*Exercise description*.
Exact copies of all records below are needed.

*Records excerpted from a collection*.
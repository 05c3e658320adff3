-- ===== src/Skills/Failure/Keys.antt =====
-- What `kind_key` identifies: the key that loop detection compares.
use mathlib.Core.Option
use Prim.Native.Char.{code}
use Prim.Native.String.{len}
use text.Mathlib.Text.{get?}
use text.Mathlib.TextLemmas.{cons-append, append_cancel_left}
use text.Mathlib.TextPositions.{boundary-zero}
use mathlib.Core.Path.{subst}
use orion_dock.Prelude.{
  ℕ, min, String, ◌≡◌, refl, sym, ◌∙◌, ap, ◌↔◌, false, Option, none, some, arith, ◌⧺◌,
  is_char_boundary,
}
use orion_dock.Skills.Failure.{
  StructuredFailure, permission_denied, resource_not_found, connection_failed,
  authentication_failed, invalid_input, timeout, unknown, endpoint, kind_key,
}

-- The variants, their fields left out.
pub data Kind : Type 0 where
  permission_kind resource_kind connection_kind authentication_kind : Kind
  input_kind time_kind other_kind : Kind

abbrev pub kind : StructuredFailure → Kind
kind (permission_denied _ _) = Kind.permission_kind
kind (resource_not_found _ _) = Kind.resource_kind
kind (connection_failed _ _ _ _) = Kind.connection_kind
kind (authentication_failed _ _) = Kind.authentication_kind
kind (invalid_input _ _ _) = Kind.input_kind
kind (timeout _ _) = Kind.time_kind
kind (unknown _) = Kind.other_kind

abbrev first : String → ℕ
first String.[] = 0
first (String.◌∷◌ c s) = code c

abbrev initial : Kind → ℕ
initial Kind.permission_kind = b'p'
initial Kind.resource_kind = b'n'
initial Kind.connection_kind = b'c'
initial Kind.authentication_kind = b'a'
initial Kind.input_kind = b'i'
initial Kind.time_kind = b't'
initial Kind.other_kind = b'u'

initial_injective : (a b : Kind) → initial a ≡ initial b → a ≡ b
initial_injective a b h = ground arith

abbrev label : Kind → String
label Kind.permission_kind = "permission_denied:"
label Kind.resource_kind = "not_found:"
label Kind.connection_kind = "conn_failed:"
label Kind.authentication_kind = "auth_failed:"
label Kind.input_kind = "invalid_input:"
label Kind.time_kind = "timeout:"
label Kind.other_kind = "unknown:"

-- What a failure is about, as far as its key says it: `none` where the cut would panic.
abbrev pub subject : StructuredFailure → Option String
subject (permission_denied path _) = some path
subject (resource_not_found resource _) = some resource
subject (connection_failed host port _ _) = some (endpoint host port)
subject (authentication_failed service _) = some service
subject (invalid_input field _ _) = some field
subject (timeout _ operation) = some operation
subject (unknown msg) = get? msg 0 (min (len msg) 50)

kind_key-label :
    (f : StructuredFailure) → kind_key f ≡ Option.map (λ s. label (kind f) ⧺ s) (subject f)
unfolding kind_key
kind_key-label (permission_denied path _) = refl
kind_key-label _ = refl

first-label : (k : Kind) (t : String) → first (label k ⧺ t) ≡ initial k
first-label Kind.permission_kind t = rw cons-append
first-label _ t = rw cons-append

-- Both parts of a key can be read back.
key_parts : (a b : Kind) (s t : String) → label a ⧺ s ≡ label b ⧺ t → (a ≡ b) × (s ≡ t)
key_parts a b s t h =
    let same : a ≡ b =
      initial_injective a b (sym (first-label a s) ∙ (ap first h ∙ first-label b t)) in
    (same, append_cancel_left (label b) s t (sym (ap (λ k. label k ⧺ s) same) ∙ h))

-- Two failures with one key are of one variant and about one thing, and failures of one variant
-- about one thing have one key.
pub kind_key-eq_iff :
    (f g : StructuredFailure) {k l : String}
    → kind_key f ≡ some k
    → kind_key g ≡ some l
    → (k ≡ l) ↔ ((kind f ≡ kind g) × (subject f ≡ subject g))
kind_key-eq_iff f g {k} {l} p q =
    let (s, es, ks) = (Option.map-eq-some_iff _ _).0 (sym (kind_key-label f) ∙ p) in
    let (t, et, lt) = (Option.map-eq-some_iff _ _).0 (sym (kind_key-label g) ∙ q) in
    (
      λ e.
          let (same, about) = key_parts (kind f) (kind g) s t (ks ∙ (e ∙ sym lt)) in
          (same, es ∙ (ap some about ∙ sym et)),
      λ e. cc (e.0, e.1, kind_key-label f, kind_key-label g, p, q),
    )

cut-none_iff : (msg : String) (n : ℕ) → (get? msg 0 n ≡ none) ↔ (is_char_boundary msg n ≡ false)
cut-none_iff msg n = ground (arith, boundary-zero msg)

-- The key of a failure panics exactly when it is an unstructured one whose first 50 bytes end
-- inside a character.
pub kind_key-panics_iff :
    (f : StructuredFailure)
    → (kind_key f ≡ none)
      ↔ ((msg : String) × (f ≡ unknown msg) × (is_char_boundary msg (min (len msg) 50) ≡ false))
unfolding kind_key
kind_key-panics_iff (unknown msg) = (
  λ e. (msg, refl, (cut-none_iff msg _).0 ((Option.map-eq-none_iff _ _).0 e)),
  λ e.
      let same : e.0 ≡ msg = cc (e.1) in
      let bad = subst (λ m. is_char_boundary m (min (len m) 50) ≡ false) same e.2 in
      (Option.map-eq-none_iff _ _).1 ((cut-none_iff msg _).1 bad),
)
kind_key-panics_iff f = (λ e. cc, λ e. cc (e.1))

*Your response*.
repository 05c3e658320adff3
-- ===== src/Skills/Failure/Keys.antt =====
-- What `kind_key` identifies: the key that loop detection compares.
use mathlib.Core.Option
use Prim.Native.Char.{code}
use Prim.Native.String.{len}
use text.Mathlib.Text.{get?}
use text.Mathlib.TextLemmas.{cons-append, append_cancel_left}
use text.Mathlib.TextPositions.{boundary-zero}
use mathlib.Core.Path.{subst}
use orion_dock.Prelude.{
  ℕ, min, String, ◌≡◌, refl, sym, ◌∙◌, ap, ◌↔◌, false, Option, none, some, arith, ◌⧺◌,
  is_char_boundary,
}
use orion_dock.Skills.Failure.{
  StructuredFailure, permission_denied, resource_not_found, connection_failed,
  authentication_failed, invalid_input, timeout, unknown, endpoint, kind_key,
}

-- The variants, their fields left out.
pub data Kind : Type 0 where
  permission_kind resource_kind connection_kind authentication_kind : Kind
  input_kind time_kind other_kind : Kind

abbrev pub kind : StructuredFailure → Kind
kind (permission_denied _ _) = Kind.permission_kind
kind (resource_not_found _ _) = Kind.resource_kind
kind (connection_failed _ _ _ _) = Kind.connection_kind
kind (authentication_failed _ _) = Kind.authentication_kind
kind (invalid_input _ _ _) = Kind.input_kind
kind (timeout _ _) = Kind.time_kind
kind (unknown _) = Kind.other_kind

abbrev first : String → ℕ
first String.[] = 0
first (String.◌∷◌ c s) = code c

abbrev initial : Kind → ℕ
initial Kind.permission_kind = b'p'
initial Kind.resource_kind = b'n'
initial Kind.connection_kind = b'c'
initial Kind.authentication_kind = b'a'
initial Kind.input_kind = b'i'
initial Kind.time_kind = b't'
initial Kind.other_kind = b'u'

initial_injective : (a b : Kind) → initial a ≡ initial b → a ≡ b
initial_injective a b h = ground arith

abbrev label : Kind → String
label Kind.permission_kind = "permission_denied:"
label Kind.resource_kind = "not_found:"
label Kind.connection_kind = "conn_failed:"
label Kind.authentication_kind = "auth_failed:"
label Kind.input_kind = "invalid_input:"
label Kind.time_kind = "timeout:"
label Kind.other_kind = "unknown:"

-- What a failure is about, as far as its key says it: `none` where the cut would panic.
abbrev pub subject : StructuredFailure → Option String
subject (permission_denied path _) = some path
subject (resource_not_found resource _) = some resource
subject (connection_failed host port _ _) = some (endpoint host port)
subject (authentication_failed service _) = some service
subject (invalid_input field _ _) = some field
subject (timeout _ operation) = some operation
subject (unknown msg) = get? msg 0 (min (len msg) 50)

kind_key-label :
    (f : StructuredFailure) → kind_key f ≡ Option.map (λ s. label (kind f) ⧺ s) (subject f)
unfolding kind_key
kind_key-label (permission_denied path _) = refl
kind_key-label _ = refl

first-label : (k : Kind) (t : String) → first (label k ⧺ t) ≡ initial k
first-label Kind.permission_kind t = rw cons-append
first-label _ t = rw cons-append

-- Both parts of a key can be read back.
key_parts : (a b : Kind) (s t : String) → label a ⧺ s ≡ label b ⧺ t → (a ≡ b) × (s ≡ t)
key_parts a b s t h =
    let same : a ≡ b =
      initial_injective a b (sym (first-label a s) ∙ (ap first h ∙ first-label b t)) in
    (same, append_cancel_left (label b) s t (sym (ap (λ k. label k ⧺ s) same) ∙ h))

-- Two failures with one key are of one variant and about one thing, and failures of one variant
-- about one thing have one key.
pub kind_key-eq_iff :
    (f g : StructuredFailure) {k l : String}
    → kind_key f ≡ some k
    → kind_key g ≡ some l
    → (k ≡ l) ↔ ((kind f ≡ kind g) × (subject f ≡ subject g))
kind_key-eq_iff f g {k} {l} p q =
    let (s, es, ks) = (Option.map-eq-some_iff _ _).0 (sym (kind_key-label f) ∙ p) in
    let (t, et, lt) = (Option.map-eq-some_iff _ _).0 (sym (kind_key-label g) ∙ q) in
    (
      λ e.
          let (same, about) = key_parts (kind f) (kind g) s t (ks ∙ (e ∙ sym lt)) in
          (same, es ∙ (ap some about ∙ sym et)),
      λ e. cc (e.0, e.1, kind_key-label f, kind_key-label g, p, q),
    )

cut-none_iff : (msg : String) (n : ℕ) → (get? msg 0 n ≡ none) ↔ (is_char_boundary msg n ≡ false)
cut-none_iff msg n = ground (arith, boundary-zero msg)

-- The key of a failure panics exactly when it is an unstructured one whose first 50 bytes end
-- inside a character.
pub kind_key-panics_iff :
    (f : StructuredFailure)
    → (kind_key f ≡ none)
      ↔ ((msg : String) × (f ≡ unknown msg) × (is_char_boundary msg (min (len msg) 50) ≡ false))
unfolding kind_key
kind_key-panics_iff (unknown msg) = (
  λ e. (msg, refl, (cut-none_iff msg _).0 ((Option.map-eq-none_iff _ _).0 e)),
  λ e.
      let same : e.0 ≡ msg = cc (e.1) in
      let bad = subst (λ m. is_char_boundary m (min (len m) 50) ≡ false) same e.2 in
      (Option.map-eq-none_iff _ _).1 ((cut-none_iff msg _).1 bad),
)
kind_key-panics_iff f = (λ e. cc, λ e. cc (e.1))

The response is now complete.